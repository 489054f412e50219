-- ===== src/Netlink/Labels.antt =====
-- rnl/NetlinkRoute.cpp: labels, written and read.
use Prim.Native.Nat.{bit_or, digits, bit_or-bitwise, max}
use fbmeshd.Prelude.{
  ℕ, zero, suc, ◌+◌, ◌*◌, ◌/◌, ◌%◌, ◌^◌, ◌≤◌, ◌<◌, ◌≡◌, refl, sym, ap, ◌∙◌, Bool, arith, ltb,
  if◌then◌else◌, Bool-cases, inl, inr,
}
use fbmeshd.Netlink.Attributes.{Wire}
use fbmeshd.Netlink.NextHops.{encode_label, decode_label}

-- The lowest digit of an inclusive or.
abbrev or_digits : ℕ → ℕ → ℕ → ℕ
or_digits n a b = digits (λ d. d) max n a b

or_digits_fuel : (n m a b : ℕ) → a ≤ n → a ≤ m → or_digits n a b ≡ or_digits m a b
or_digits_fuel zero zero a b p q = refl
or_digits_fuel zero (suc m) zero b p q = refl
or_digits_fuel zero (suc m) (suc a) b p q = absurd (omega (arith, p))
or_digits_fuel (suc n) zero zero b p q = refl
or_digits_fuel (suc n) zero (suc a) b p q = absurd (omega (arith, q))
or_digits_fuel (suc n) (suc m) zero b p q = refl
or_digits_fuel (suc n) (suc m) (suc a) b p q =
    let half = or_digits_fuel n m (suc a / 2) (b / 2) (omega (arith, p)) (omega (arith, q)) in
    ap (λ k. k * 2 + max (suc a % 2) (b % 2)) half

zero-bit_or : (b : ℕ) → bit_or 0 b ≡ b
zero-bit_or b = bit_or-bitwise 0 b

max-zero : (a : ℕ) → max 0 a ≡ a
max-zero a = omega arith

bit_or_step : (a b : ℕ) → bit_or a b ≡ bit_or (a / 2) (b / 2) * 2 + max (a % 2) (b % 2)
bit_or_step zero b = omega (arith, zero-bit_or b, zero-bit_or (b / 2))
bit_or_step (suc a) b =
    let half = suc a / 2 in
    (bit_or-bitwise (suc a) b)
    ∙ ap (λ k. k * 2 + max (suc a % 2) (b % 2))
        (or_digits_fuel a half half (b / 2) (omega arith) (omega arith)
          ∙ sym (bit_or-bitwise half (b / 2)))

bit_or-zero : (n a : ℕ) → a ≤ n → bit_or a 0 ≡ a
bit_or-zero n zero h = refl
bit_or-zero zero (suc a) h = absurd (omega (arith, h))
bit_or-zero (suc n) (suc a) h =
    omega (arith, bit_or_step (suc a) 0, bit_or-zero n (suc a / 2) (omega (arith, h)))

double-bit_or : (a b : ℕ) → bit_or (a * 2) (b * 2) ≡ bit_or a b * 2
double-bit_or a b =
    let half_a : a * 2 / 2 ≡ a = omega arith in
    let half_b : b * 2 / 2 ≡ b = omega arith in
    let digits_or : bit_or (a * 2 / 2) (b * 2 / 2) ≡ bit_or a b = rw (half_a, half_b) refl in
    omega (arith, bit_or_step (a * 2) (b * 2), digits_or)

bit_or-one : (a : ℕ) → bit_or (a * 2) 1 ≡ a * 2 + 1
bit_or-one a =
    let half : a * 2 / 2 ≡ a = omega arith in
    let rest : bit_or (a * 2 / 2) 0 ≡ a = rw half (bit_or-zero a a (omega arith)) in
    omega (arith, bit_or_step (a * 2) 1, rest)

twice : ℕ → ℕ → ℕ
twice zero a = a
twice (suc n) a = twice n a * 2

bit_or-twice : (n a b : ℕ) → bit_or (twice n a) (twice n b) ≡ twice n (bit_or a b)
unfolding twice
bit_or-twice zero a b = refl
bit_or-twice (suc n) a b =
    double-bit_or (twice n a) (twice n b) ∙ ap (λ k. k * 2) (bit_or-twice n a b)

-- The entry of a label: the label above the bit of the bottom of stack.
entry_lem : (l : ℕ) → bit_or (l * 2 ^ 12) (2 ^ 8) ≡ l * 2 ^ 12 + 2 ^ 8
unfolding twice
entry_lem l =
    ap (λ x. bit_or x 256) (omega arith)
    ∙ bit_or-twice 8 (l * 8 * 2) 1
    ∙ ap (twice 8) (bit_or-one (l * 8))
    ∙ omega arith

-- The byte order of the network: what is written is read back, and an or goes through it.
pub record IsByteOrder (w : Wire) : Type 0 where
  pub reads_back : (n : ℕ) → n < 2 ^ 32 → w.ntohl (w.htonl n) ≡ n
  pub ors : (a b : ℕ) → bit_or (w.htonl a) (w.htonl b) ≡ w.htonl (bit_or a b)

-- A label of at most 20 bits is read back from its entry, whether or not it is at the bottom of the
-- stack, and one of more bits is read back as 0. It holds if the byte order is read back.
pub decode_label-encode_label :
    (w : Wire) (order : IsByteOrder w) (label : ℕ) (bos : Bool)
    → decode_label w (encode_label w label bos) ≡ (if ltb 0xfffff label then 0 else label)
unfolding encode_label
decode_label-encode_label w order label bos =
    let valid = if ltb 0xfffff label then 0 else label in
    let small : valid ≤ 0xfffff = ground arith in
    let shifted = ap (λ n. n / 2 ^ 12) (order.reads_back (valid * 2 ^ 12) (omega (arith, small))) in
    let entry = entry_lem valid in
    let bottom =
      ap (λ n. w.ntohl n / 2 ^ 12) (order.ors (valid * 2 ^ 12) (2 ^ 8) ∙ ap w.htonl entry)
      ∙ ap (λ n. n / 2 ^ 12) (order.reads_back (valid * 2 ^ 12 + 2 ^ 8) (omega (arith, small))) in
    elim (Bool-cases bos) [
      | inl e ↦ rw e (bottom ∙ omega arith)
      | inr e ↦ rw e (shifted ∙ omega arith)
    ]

====

- _About this exercise_: Your answer should reproduce each line of the listing that holds the word "valid".

- _Output for this exercise_:
    let valid = if ltb 0xfffff label then 0 else label in
    let small : valid ≤ 0xfffff = ground arith in
    let shifted = ap (λ n. n / 2 ^ 12) (order.reads_back (valid * 2 ^ 12) (omega (arith, small))) in
    let entry = entry_lem valid in
      ap (λ n. w.ntohl n / 2 ^ 12) (order.ors (valid * 2 ^ 12) (2 ^ 8) ∙ ap w.htonl entry)
      ∙ ap (λ n. n / 2 ^ 12) (order.reads_back (valid * 2 ^ 12 + 2 ^ 8) (omega (arith, small))) in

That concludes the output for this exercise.